# Telnet



## fungo (22. August 2002)

Wo finde ich eine Liste der ganzen Commands?


----------



## Dennis Wronka (23. August 2002)

Willste auf 'ne Windows- oder Linux-Box telnetten?


----------



## JoelH (23. August 2002)

*hmm,*

es gibt keinen festen Befehlssatz da Telnet einfach nur eine Konsole/Shell auf dem entsprechenden Rechner generiert, der Befehlsatz hängt also absolut von kontakteten Server ab, wenn du auf Linux zugreisfst haste alle Befehle die der User auch lokal dort hat, je nachdem mit wem du dich einloggst, auf Win haste die Eingeabeaufforderungsbefehle, wenn du dich via FTP Port auf einem FTP Server einklinkst hast du die FTP Serverbefehle usw. du kansnt auch via TELNET deine Mails von deinem POP3 Mailserver abrufen dann stehen dir dessen Befehle zur verfügung. Telnet ist quasi das Schweizertaschenmesser des Internets, alles geht aber unter anderem musst du immer die ganzen zusätzlichen Protokolle emulieren/imitieren, was nicht so einfach ist !


----------



## Christian Fein (23. August 2002)

Telnet bzw (was besser ist) ssh oeffnen dir eine konsole auf dem entfernten rechner.

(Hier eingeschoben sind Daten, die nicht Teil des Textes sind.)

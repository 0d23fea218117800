-- ===== src/Orders/Theorems.antt =====
-- The theorems about the order service: the invariant of its tables under every sequence of calls, and
-- the repetition of a trade's fill.
use Prim.Native.String.{String}
use text.Mathlib.Text.{◌==◌ as same_text}
use text.Mathlib.TextPositions.{eq_refl}
use tradedrift.Base.{
  ℕ, ◌≡◌, ◌∙◌, refl, sym, subst, Option, none, some, true, not, List, [], ◌∷◌, All, ltb, any_row,
  update_rows,
}
use tradedrift.Base.Outcomes.{Outcome, ok, failed, require, check, ◌>>=◌, ◌>>◌}
use tradedrift.Base.Post.{
  Post, Post-require, Post-check, Post-then, Post-bind, Post-step, Post-map, Post-get, Post-choose,
}
use tradedrift.Base.Swaps.{any_row-append}
use tradedrift.Orders.Table.{OrderSide, side_buy, side_sell, Order, OrderTables, OrderError}
use tradedrift.Orders.Repository.{
  fill_order, apply_new_fill, apply_trade_fill, cancel_row, mark_order_cancelled, absent_row,
  reconcile_absent_order, same_order,
}
use tradedrift.Orders.Steps.{create_order-Good, update_status_to_cancelling-Good, settle_order-Good}
use tradedrift.Orders.Fills.{apply_trade_fill-Good}
use tradedrift.Orders.Lifecycle.{
  OrderCall, create_call, cancel_call, fill_call, cancelled_call, absent_call, committed, perform,
  perform_all, Good, IsAllowed, cancel_row-IsConsistent, absent_row-IsConsistent,
}

committed-Good :
    {P : Type 0} (m : Outcome OrderError (OrderTables P)) (db : OrderTables P)
    → Good db
    → Post Good m
    → Good (committed m db)
committed-Good (ok d) db good h = h
committed-Good (failed e) db good h = good

perform-Good :
    {P : Type 0} (c : OrderCall P) (db : OrderTables P)
    → IsAllowed c
    → Good db
    → Good (perform c db)
unfolding perform mark_order_cancelled reconcile_absent_order
perform-Good (create_call o payload) db allowed good =
    committed-Good _ db good (create_order-Good db good o payload allowed)
perform-Good (cancel_call o payload) db allowed good =
    committed-Good _ db good (update_status_to_cancelling-Good db good o payload)
perform-Good (fill_call trade buy sell quantity) db allowed good =
    committed-Good _ db good (apply_trade_fill-Good trade buy sell quantity db good)
perform-Good (cancelled_call id) db allowed good =
    settle_order-Good db good cancel_row id (λ o. refl) cancel_row-IsConsistent
perform-Good (absent_call id) db allowed good =
    settle_order-Good db good absent_row id (λ o. refl) absent_row-IsConsistent

-- Every sequence of creations of new orders, cancellations, fills and reconciliations keeps the
-- order tables good: ids are unique, an order's quantity is above zero and is its filled and
-- remaining part, its status fits them (an open order has no fill, a filled one has nothing left,
-- every other has something left), and every filled or cancelled order is queued for the release
-- of its reservation.
pub perform_all-Good :
    {P : Type 0} (cs : List (OrderCall P)) (db : OrderTables P)
    → All IsAllowed cs
    → Good db
    → Good (perform_all cs db)
unfolding perform_all
perform_all-Good [] db allowed good = good
perform_all-Good (c ∷ cs) db allowed good =
    perform_all-Good cs (perform c db) allowed.1 (perform-Good c db allowed.0 good)

fill_order-processed :
    {P : Type 0} (res : Option Order) (side : OrderSide) (quantity : ℕ) (db : OrderTables P)
    → Post
        (λ (d : OrderTables P). d.processed_trades ≡ db.processed_trades)
        (fill_order res side quantity db)
unfolding fill_order
fill_order-processed none side quantity db = refl
fill_order-processed (some o) side quantity db =
    Post-require _ (update_rows _ _ db.orders) _ _ λ orders _. refl

apply_new_fill-processed :
    {P : Type 0} (trade : String) (buy_id sell_id : Option String) (quantity : ℕ)
    (db : OrderTables P)
    → Post
        (λ (d : OrderTables P). any_row (same_text trade) d.processed_trades ≡ true)
        (apply_new_fill trade buy_id sell_id quantity db)
unfolding apply_new_fill
apply_new_fill-processed {P = P} trade buy_id sell_id quantity db = Post-bind _ _ _ λ buy _.
    Post-bind _ _ _ λ sell _. Post-then _ _ _ λ _. Post-then _ _ _ λ _. Post-check _ _ _ _ λ _.
      Post-step _ _ _ _ (fill_order-processed buy side_buy quantity _) λ bought same.
        Post-map (λ (d : OrderTables P). any_row (same_text trade) d.processed_trades ≡ true)
          (λ d. d.processed_trades ≡ bought.processed_trades)
          (fill_order sell side_sell quantity bought)
          (λ d also.
            subst (λ ts. any_row (same_text trade) ts ≡ true) (sym (also ∙ same))
              (any_row-append (same_text trade) db.processed_trades trade (eq_refl trade)))
          (fill_order-processed sell side_sell quantity bought)

processed_again :
    {P : Type 0} (trade : String) (buy_id sell_id : Option String) (quantity : Option ℕ) (n : ℕ)
    (db : OrderTables P)
    → quantity ≡ some n
    → ltb 0 n ≡ true
    → not (same_order buy_id sell_id) ≡ true
    → any_row (same_text trade) db.processed_trades ≡ true
    → apply_trade_fill trade buy_id sell_id quantity db ≡ ok db
unfolding apply_trade_fill require check ◌>>=◌ ◌>>◌
processed_again trade buy_id sell_id quantity n db e positive differ done =
    rw (e, positive, differ, done) refl

apply_trade_fill-processed :
    {P : Type 0} (trade : String) (buy_id sell_id : Option String) (quantity : Option ℕ)
    (db : OrderTables P)
    → Post
        (λ d. apply_trade_fill trade buy_id sell_id quantity d ≡ ok d)
        (apply_trade_fill trade buy_id sell_id quantity db)
unfolding apply_trade_fill
apply_trade_fill-processed {P = P} trade buy_id sell_id quantity db =
    Post-require _ quantity _ _ λ n e. Post-check _ _ _ _ λ positive. Post-check _ _ _ _ λ differ.
      Post-choose _ (any_row (same_text trade) db.processed_trades) _ _
        (λ done. processed_again trade buy_id sell_id quantity n db e positive differ done)
        (λ new.
          Post-map (λ (d : OrderTables P). apply_trade_fill trade buy_id sell_id quantity d ≡ ok d)
            (λ d. any_row (same_text trade) d.processed_trades ≡ true)
            (apply_new_fill trade buy_id sell_id n db)
            (λ d done. processed_again trade buy_id sell_id quantity n d e positive differ done)
            (apply_new_fill-processed trade buy_id sell_id n db))

-- A trade's fill that returned no error returns none when it is applied again to the tables that
-- it left, and then changes nothing.
pub apply_trade_fill_twice :
    {P : Type 0} (trade : String) (buy_id sell_id : Option String) (quantity : Option ℕ)
    (db db' : OrderTables P)
    → apply_trade_fill trade buy_id sell_id quantity db ≡ ok db'
    → apply_trade_fill trade buy_id sell_id quantity db' ≡ ok db'
apply_trade_fill_twice trade buy_id sell_id quantity db db' e =
    Post-get (λ d. apply_trade_fill trade buy_id sell_id quantity d ≡ ok d) _
      (apply_trade_fill-processed trade buy_id sell_id quantity db) e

Das heisst du arbeitetst mit den komandos die die shell (z.B. Bash) anbietet.

Zumeist mag dies wohl ein UNIX/Linux server sein, das heisst du arbeitest mit den normalen (zumeist bash,sh,csh) kommands

Über die Bash sind schon ganze Bücher geschrieben worden und ich würde sagen du gehst einfach mal auf http://www.selflinux.de bzw linuxfiebel.de und liest dich da ein.


----------